■ **Task prompt**: Every line in the data below that includes "staked" belongs in the answer, copied as it stands.

■ **The data**:
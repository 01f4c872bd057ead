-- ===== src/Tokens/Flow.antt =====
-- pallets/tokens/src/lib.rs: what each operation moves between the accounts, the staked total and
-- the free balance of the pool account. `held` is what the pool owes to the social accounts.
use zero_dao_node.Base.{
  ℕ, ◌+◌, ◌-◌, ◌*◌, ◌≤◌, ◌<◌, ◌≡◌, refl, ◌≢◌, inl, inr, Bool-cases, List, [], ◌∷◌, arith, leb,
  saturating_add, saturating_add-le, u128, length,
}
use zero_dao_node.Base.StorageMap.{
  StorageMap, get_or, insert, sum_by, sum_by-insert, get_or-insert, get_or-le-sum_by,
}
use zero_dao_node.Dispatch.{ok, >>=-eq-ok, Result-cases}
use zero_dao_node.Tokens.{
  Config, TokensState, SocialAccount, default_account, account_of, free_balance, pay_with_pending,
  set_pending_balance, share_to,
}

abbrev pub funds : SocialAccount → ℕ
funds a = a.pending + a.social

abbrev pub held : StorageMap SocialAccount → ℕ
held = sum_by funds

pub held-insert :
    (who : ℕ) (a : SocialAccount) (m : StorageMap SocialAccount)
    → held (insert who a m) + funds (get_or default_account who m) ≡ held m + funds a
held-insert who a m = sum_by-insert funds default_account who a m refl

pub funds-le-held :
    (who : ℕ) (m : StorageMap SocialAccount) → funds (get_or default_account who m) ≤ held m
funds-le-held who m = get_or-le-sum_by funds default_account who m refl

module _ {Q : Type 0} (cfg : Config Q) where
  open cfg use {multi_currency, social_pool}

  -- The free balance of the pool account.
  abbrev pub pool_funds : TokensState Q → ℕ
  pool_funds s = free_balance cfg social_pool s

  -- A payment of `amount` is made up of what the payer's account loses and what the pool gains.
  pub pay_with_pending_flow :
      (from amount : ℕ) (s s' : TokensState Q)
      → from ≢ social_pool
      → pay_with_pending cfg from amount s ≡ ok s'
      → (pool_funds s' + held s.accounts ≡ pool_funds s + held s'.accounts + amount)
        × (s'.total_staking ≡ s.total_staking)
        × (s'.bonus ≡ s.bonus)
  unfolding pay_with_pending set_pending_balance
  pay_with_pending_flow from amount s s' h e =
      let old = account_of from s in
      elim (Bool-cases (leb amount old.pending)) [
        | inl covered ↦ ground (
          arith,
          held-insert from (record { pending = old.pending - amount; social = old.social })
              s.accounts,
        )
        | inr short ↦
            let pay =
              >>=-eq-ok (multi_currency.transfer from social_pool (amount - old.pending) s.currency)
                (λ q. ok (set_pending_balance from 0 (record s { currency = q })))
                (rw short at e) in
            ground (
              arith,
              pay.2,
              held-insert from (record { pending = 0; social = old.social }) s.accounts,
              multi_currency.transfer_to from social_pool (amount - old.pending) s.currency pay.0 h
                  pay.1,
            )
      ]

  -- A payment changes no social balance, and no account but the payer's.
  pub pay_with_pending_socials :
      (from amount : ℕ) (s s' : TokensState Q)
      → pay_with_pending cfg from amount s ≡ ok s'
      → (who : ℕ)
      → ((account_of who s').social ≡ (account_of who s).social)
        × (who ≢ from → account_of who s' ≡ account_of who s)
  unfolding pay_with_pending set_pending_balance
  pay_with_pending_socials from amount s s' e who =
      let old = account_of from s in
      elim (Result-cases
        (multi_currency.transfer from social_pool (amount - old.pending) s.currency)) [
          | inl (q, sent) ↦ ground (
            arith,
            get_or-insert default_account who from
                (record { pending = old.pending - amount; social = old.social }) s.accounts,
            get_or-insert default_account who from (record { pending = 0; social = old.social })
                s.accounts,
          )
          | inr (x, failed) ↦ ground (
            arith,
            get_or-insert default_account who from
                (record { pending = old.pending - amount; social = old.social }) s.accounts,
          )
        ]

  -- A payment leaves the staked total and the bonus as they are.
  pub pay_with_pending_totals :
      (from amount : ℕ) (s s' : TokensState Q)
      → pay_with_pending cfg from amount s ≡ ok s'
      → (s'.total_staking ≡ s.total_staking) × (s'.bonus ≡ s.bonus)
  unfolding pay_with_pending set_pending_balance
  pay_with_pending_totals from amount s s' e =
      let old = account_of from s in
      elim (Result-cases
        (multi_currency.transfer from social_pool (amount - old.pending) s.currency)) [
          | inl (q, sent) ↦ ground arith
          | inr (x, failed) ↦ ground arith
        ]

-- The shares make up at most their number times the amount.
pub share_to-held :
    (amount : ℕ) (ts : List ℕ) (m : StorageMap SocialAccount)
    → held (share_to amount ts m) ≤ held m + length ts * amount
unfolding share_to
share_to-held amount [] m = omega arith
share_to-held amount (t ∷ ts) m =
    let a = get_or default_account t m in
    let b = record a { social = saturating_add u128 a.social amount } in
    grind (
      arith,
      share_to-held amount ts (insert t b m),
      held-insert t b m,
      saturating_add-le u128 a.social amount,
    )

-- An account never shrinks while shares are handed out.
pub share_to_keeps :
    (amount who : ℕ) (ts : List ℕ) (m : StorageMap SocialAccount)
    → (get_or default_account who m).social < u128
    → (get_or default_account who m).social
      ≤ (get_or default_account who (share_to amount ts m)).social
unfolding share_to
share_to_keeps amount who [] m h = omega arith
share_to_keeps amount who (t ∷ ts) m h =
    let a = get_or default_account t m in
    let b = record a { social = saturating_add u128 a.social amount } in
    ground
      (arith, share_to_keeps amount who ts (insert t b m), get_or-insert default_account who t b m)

■ **Solution for this problem**:
-- pallets/tokens/src/lib.rs: what each operation moves between the accounts, the staked total and
  -- A payment leaves the staked total and the bonus as they are.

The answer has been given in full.